» Directions for this task: Beginning at the top of the material, repeat each line exactly, and stop once the line with "(c == 12288)" has been written.

» Records:
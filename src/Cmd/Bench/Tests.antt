-- ===== src/Cmd/Bench/Tests.antt =====
-- Two nodes that have met, and one that has not.
use uav.Base.{◌≡◌, refl, some, String, List, [], ◌∷◌, arith, string_key}
use uav.Base.Map
use uav.Algorithm.Replica.{Entry}
use uav.Algorithm.Gossip.{State}
use uav.Cmd.Bench.{deadline, tick, all_converged, convergence_loop, missing, all_match}
use uav.Cmd.Bench.Agreement.{all_converged-all_match}

abbrev pos : List String
pos = "pos_1" ∷ "pos_2" ∷ []

abbrev at : String → Entry String
at v = record { value = v; version = 1 }

abbrev both_there : State
both_there = ("pos_1", at "x=10.0") ∷ ("pos_2", at "x=20.0") ∷ []

abbrev one_there : State
one_there = ("pos_2", at "x=20.0") ∷ []

all_converged-all_match_example :
    all_converged 2 (both_there ∷ one_there ∷ []) ≡ all_match pos (both_there ∷ one_there ∷ [])
all_converged-all_match_example =
    all_converged-all_match pos (both_there ∷ one_there ∷ []) refl
      (refl, (λ k l. l), (refl, (λ k l. ground (arith, l)), tt))

-- The loop goes on past the node that has one entry, and stops at the tick after.
second_tick :
    convergence_loop 2 (
      tick 50 (both_there ∷ one_there ∷ [])
      ∷ tick 100 (both_there ∷ both_there ∷ [])
      ∷ deadline
      ∷ [])
    ≡ some 100
unfolding convergence_loop all_converged
second_tick = refl

one_missing : missing pos one_there ≡ 1
unfolding missing Map.get
one_missing = refl
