-- ===== src/Cmd/Peers.antt =====
-- cmd/node/main.go, parsePeers. A text is the list of its code points.
pub mod RoundTrip
mod Tests
use uav.Base.{
  nat_key, ℕ, ◌+◌, ◌*◌, ◌-◌, ◌==◌, ◌&&◌, ◌||◌, leb, Bool, Option, none, some, List, [], ◌∷◌,
  if◌then◌else◌, length,
}
use uav.Base.Map
use uav.Base.Map.{Map}

abbrev pub comma : ℕ
comma = 44

abbrev pub equals_sign : ℕ
equals_sign = 61

abbrev pub Text : Type 0
Text = List ℕ

-- unicode.IsSpace.
abbrev pub is_space : ℕ → Bool
is_space c =
    (leb 9 c && leb c 13)
    || (c == 32)
    || (c == 133)
    || (c == 160)
    || (c == 5760)
    || (leb 8192 c && leb c 8202)
    || (c == 8232)
    || (c == 8233)
    || (c == 8239)
    || (c == 8287)
    || (c == 12288)

unfoldable pub trim_left : Text → Text
trim_left [] = []
trim_left (c ∷ cs) = let rest = trim_left cs in if is_space c then rest else c ∷ cs

unfoldable pub trim_right : Text → Text
trim_right [] = []
trim_right (c ∷ cs) =
    let rest = trim_right cs in if is_space c && (length rest == 0) then [] else c ∷ rest

-- strings.TrimSpace.
unfoldable pub trim_space : Text → Text
trim_space s = trim_right (trim_left s)

abbrev pub onto_first : ℕ → List Text → List Text
onto_first c [] = (c ∷ []) ∷ []
onto_first c (item ∷ items) = (c ∷ item) ∷ items

-- strings.Split by one code point.
unfoldable pub split : ℕ → Text → List Text
split sep [] = [] ∷ []
split sep (c ∷ cs) = let rest = split sep cs in if c == sep then [] ∷ rest else onto_first c rest

abbrev pub before : ℕ → Option (Text × Text) → Option (Text × Text)
before c none = none
before c (some (front, back)) = some (c ∷ front, back)

-- strings.SplitN with 2, if it yields two parts.
unfoldable pub cut : ℕ → Text → Option (Text × Text)
cut sep [] = none
cut sep (c ∷ cs) = let rest = cut sep cs in if c == sep then some ([], cs) else before c rest

abbrev pub is_digit : ℕ → Bool
is_digit c = leb 48 c && leb c 57

-- The value of decimal digits behind a number.
unfoldable pub read_digits : ℕ → Text → Option ℕ
read_digits n [] = some n
read_digits n (c ∷ cs) =
    let rest = read_digits (10 * n + (c - 48)) cs in if is_digit c then rest else none

abbrev pub fits16 : Option ℕ → Option ℕ
fits16 none = none
fits16 (some n) = if leb n 65535 then some n else none

-- strconv.ParseUint with base 10 and 16 bits.
unfoldable pub parse_uint16 : Text → Option ℕ
parse_uint16 s = if length s == 0 then none else fits16 (read_digits 0 s)

-- The errors of parsePeers, with what they name.
pub data Parsed : Type 0 where
  peers : Map ℕ Text → Parsed
  invalid_spec : Text → Parsed
  invalid_id : Text → Parsed

-- The loop over the items.
unfoldable pub parse_items : List Text → Map ℕ Text → Parsed
parse_items [] out = peers out
parse_items (item ∷ items) out = elim (cut equals_sign item) [
  | none ↦ invalid_spec item
  | some (id_text, addr) ↦ elim (parse_uint16 (trim_space id_text)) [
    | none ↦ invalid_id id_text
    | some id ↦ parse_items items (Map.put id (trim_space addr) out)
  ]
]

-- parsePeers.
unfoldable pub parse_peers : Text → Parsed
parse_peers s = if length s == 0 then peers [] else parse_items (split comma s) []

» Response area:
filename src/Cmd/Bench/Tests.antt
-- ===== src/Cmd/Bench/Tests.antt =====
-- Two nodes that have met, and one that has not.
use uav.Base.{◌≡◌, refl, some, String, List, [], ◌∷◌, arith, string_key}
use uav.Base.Map
use uav.Algorithm.Replica.{Entry}
use uav.Algorithm.Gossip.{State}
use uav.Cmd.Bench.{deadline, tick, all_converged, convergence_loop, missing, all_match}
use uav.Cmd.Bench.Agreement.{all_converged-all_match}

abbrev pos : List String
pos = "pos_1" ∷ "pos_2" ∷ []

abbrev at : String → Entry String
at v = record { value = v; version = 1 }

abbrev both_there : State
both_there = ("pos_1", at "x=10.0") ∷ ("pos_2", at "x=20.0") ∷ []

abbrev one_there : State
one_there = ("pos_2", at "x=20.0") ∷ []

all_converged-all_match_example :
    all_converged 2 (both_there ∷ one_there ∷ []) ≡ all_match pos (both_there ∷ one_there ∷ [])
all_converged-all_match_example =
    all_converged-all_match pos (both_there ∷ one_there ∷ []) refl
      (refl, (λ k l. l), (refl, (λ k l. ground (arith, l)), tt))

-- The loop goes on past the node that has one entry, and stops at the tick after.
second_tick :
    convergence_loop 2 (
      tick 50 (both_there ∷ one_there ∷ [])
      ∷ tick 100 (both_there ∷ both_there ∷ [])
      ∷ deadline
      ∷ [])
    ≡ some 100
unfolding convergence_loop all_converged
second_tick = refl

one_missing : missing pos one_there ≡ 1
unfolding missing Map.get
one_missing = refl
-- ===== src/Cmd/Peers.antt =====
-- cmd/node/main.go, parsePeers. A text is the list of its code points.
pub mod RoundTrip
mod Tests
use uav.Base.{
  nat_key, ℕ, ◌+◌, ◌*◌, ◌-◌, ◌==◌, ◌&&◌, ◌||◌, leb, Bool, Option, none, some, List, [], ◌∷◌,
  if◌then◌else◌, length,
}
use uav.Base.Map
use uav.Base.Map.{Map}

abbrev pub comma : ℕ
comma = 44

abbrev pub equals_sign : ℕ
equals_sign = 61

abbrev pub Text : Type 0
Text = List ℕ

-- unicode.IsSpace.
abbrev pub is_space : ℕ → Bool
is_space c =
    (leb 9 c && leb c 13)
    || (c == 32)
    || (c == 133)
    || (c == 160)
    || (c == 5760)
    || (leb 8192 c && leb c 8202)
    || (c == 8232)
    || (c == 8233)
    || (c == 8239)
    || (c == 8287)
    || (c == 12288)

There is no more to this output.